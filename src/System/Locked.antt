-- ===== src/System/Locked.antt =====
-- The calls of mutexes of sync.c move the tasks and keep the links of the mutexes.
use just_rt.Common.{ℕ, ◌≡◌, ◌≢◌, ◌||◌, ltb, ◌==◌, ◌!=◌, if_intro, u32_max, arith, refl, ◌∙◌}
use just_rt.Kernel.{Task, Kernel, current_task}
use just_rt.Kernel.Objects
use just_rt.Kernel.WaitKind
use just_rt.Wait.{wake_get_id, Deadline, outcome_kernel}
use just_rt.Priority.{inherit_priority, restore_priority}
use just_rt.Priority.Unchanged.{
  OnlyPriorities, inherit_priority-OnlyPriorities, restore_priority-OnlyPriorities,
}
use just_rt.Sync.{count_context_misuse}
use just_rt.Sync.Mutex.{set_mutex, lock, hand_over, release, unlock}
use just_rt.System.Moves.{Moves-refl, OnlyPriorities-Moves}
use just_rt.System.State.{
  idle_index, Plain, Moved, Moved-trans, SameTimers, Moved-trans, Plain-refl, Plain-trans,
  tasks-Plain,
}
use just_rt.System.Waits.{counted-Plain, block_until_locked-Plain, wake_get_id-Plain}

-- A step that may write a mutex but keeps the links of all.
pub record Locked (k k' : Kernel) : Type 0 where
  pub moved : Moved k k'
  pub timers : SameTimers k k'
  pub next : (p : ℕ) → (k'.mutexes p).next ≡ (k.mutexes p).next
  pub list : k'.mutex_list ≡ k.mutex_list
  pub nodes : k'.mutex_nodes ≡ k.mutex_nodes

Plain-Locked : {k k' : Kernel} → Plain k k' → Locked k k'
Plain-Locked p = record {
  moved = p.moved;
  timers = p.timers;
  next = λ q. rw p.mutexes.mutexes refl;
  list = p.mutexes.list;
  nodes = p.mutexes.nodes;
}

Locked-trans : {a b c : Kernel} → Locked a b → Locked b c → Locked a c
Locked-trans u v = record {
  moved = Moved-trans u.moved v.moved;
  timers = record {
    timers = v.timers.timers ∙ u.timers.timers;
    list = v.timers.list ∙ u.timers.list;
    nodes = v.timers.nodes ∙ u.timers.nodes;
  };
  next = λ p. v.next p ∙ u.next p;
  list = v.list ∙ u.list;
  nodes = v.nodes ∙ u.nodes;
}

set_mutex-Locked :
    (k : Kernel) (m : ℕ) (v : Objects.Mutex)
    → v.next ≡ (k.mutexes m).next
    → Locked k (set_mutex k m v)
set_mutex-Locked k m v e = record {
  moved = record {
    tasks = Moves-refl (idle_index k) k.tasks;
    task_count = refl;
    application = refl;
    current = refl;
  };
  timers = record { timers = refl; list = refl; nodes = refl };
  next = λ p. ground (arith, e);
  list = refl;
  nodes = refl;
}

priorities-Plain :
    (k : Kernel) (tasks : ℕ → Task)
    → OnlyPriorities k.tasks tasks
    → Plain k (record k { tasks = tasks })
priorities-Plain k tasks u = tasks-Plain k tasks (OnlyPriorities-Moves (idle_index k) u)

pub lock-Locked :
    (k : Kernel) (m timeout : ℕ) (d : Deadline)
    → k.current ≢ idle_index k
    → m ≢ 0
    → Locked k (outcome_kernel (lock k m timeout d))
unfolding lock count_context_misuse
lock-Locked k m timeout d hi hm =
    let mutex = k.mutexes m in
    let raised = inherit_priority k mutex.owner (current_task k).priority in
    if_intro (λ o. Locked k (outcome_kernel o)) k.in_isr (λ _. Plain-Locked (counted-Plain k _))
      (λ _.
        if_intro (λ o. Locked k (outcome_kernel o)) (mutex.locked == 0)
          (λ _. set_mutex-Locked k m _ refl)
          (λ _.
            if_intro (λ o. Locked k (outcome_kernel o)) (mutex.owner == k.current)
              (λ _. set_mutex-Locked k m _ refl)
              (λ _.
                if_intro (λ o. Locked k (outcome_kernel o)) (timeout == 0)
                  (λ _. Plain-Locked (Plain-refl k))
                  (λ _. Plain-Locked (
                    Plain-trans
                      (priorities-Plain k raised.tasks
                        (inherit_priority-OnlyPriorities k mutex.owner (current_task k).priority))
                      (block_until_locked-Plain raised m WaitKind.mutex d hi hm (omega arith)
                        (omega arith)))))))

restore_priority-Plain : (k : Kernel) (id : ℕ) → Plain k (restore_priority k id)
restore_priority-Plain k id = priorities-Plain k _ (restore_priority-OnlyPriorities k id)

release-Locked : (k : Kernel) (m : ℕ) → Locked k (release k m)
unfolding release hand_over
release-Locked k m =
    let woken = (wake_get_id k m WaitKind.mutex).0 in
    let next_owner = (wake_get_id k m WaitKind.mutex).1 in
    let owner = (k.mutexes m).owner in
    let handed = hand_over woken m next_owner in
    let gone : Locked k (restore_priority handed owner) =
      Locked-trans (Plain-Locked (wake_get_id-Plain k m WaitKind.mutex)) (
        Locked-trans (set_mutex-Locked woken m _ (ground arith))
          (Plain-Locked (restore_priority-Plain handed owner))) in
    if_intro (Locked k) (next_owner != u32_max)
      (λ _.
        Locked-trans gone
          (Plain-Locked (restore_priority-Plain (restore_priority handed owner) next_owner)))
      (λ _. gone)

pub unlock-Locked : (k : Kernel) (m : ℕ) → Locked k (unlock k m).0
unfolding unlock count_context_misuse
unlock-Locked k m =
    let mutex = k.mutexes m in
    if_intro (λ (o : Kernel × ℕ). Locked k o.0) k.in_isr (λ _. Plain-Locked (counted-Plain k _))
      (λ _.
        if_intro (λ (o : Kernel × ℕ). Locked k o.0)
          ((mutex.locked == 0) || (mutex.owner != k.current)) (λ _. Plain-Locked (Plain-refl k))
          (λ _.
            if_intro (λ (o : Kernel × ℕ). Locked k o.0) (ltb 1 mutex.recursion)
              (λ _. set_mutex-Locked k m _ refl) (λ _. release-Locked k m)))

══════

== PROBLEM ==
Determine how many lines of the material hold "trans", and respond with that number only.

== FINAL ANSWER ==
8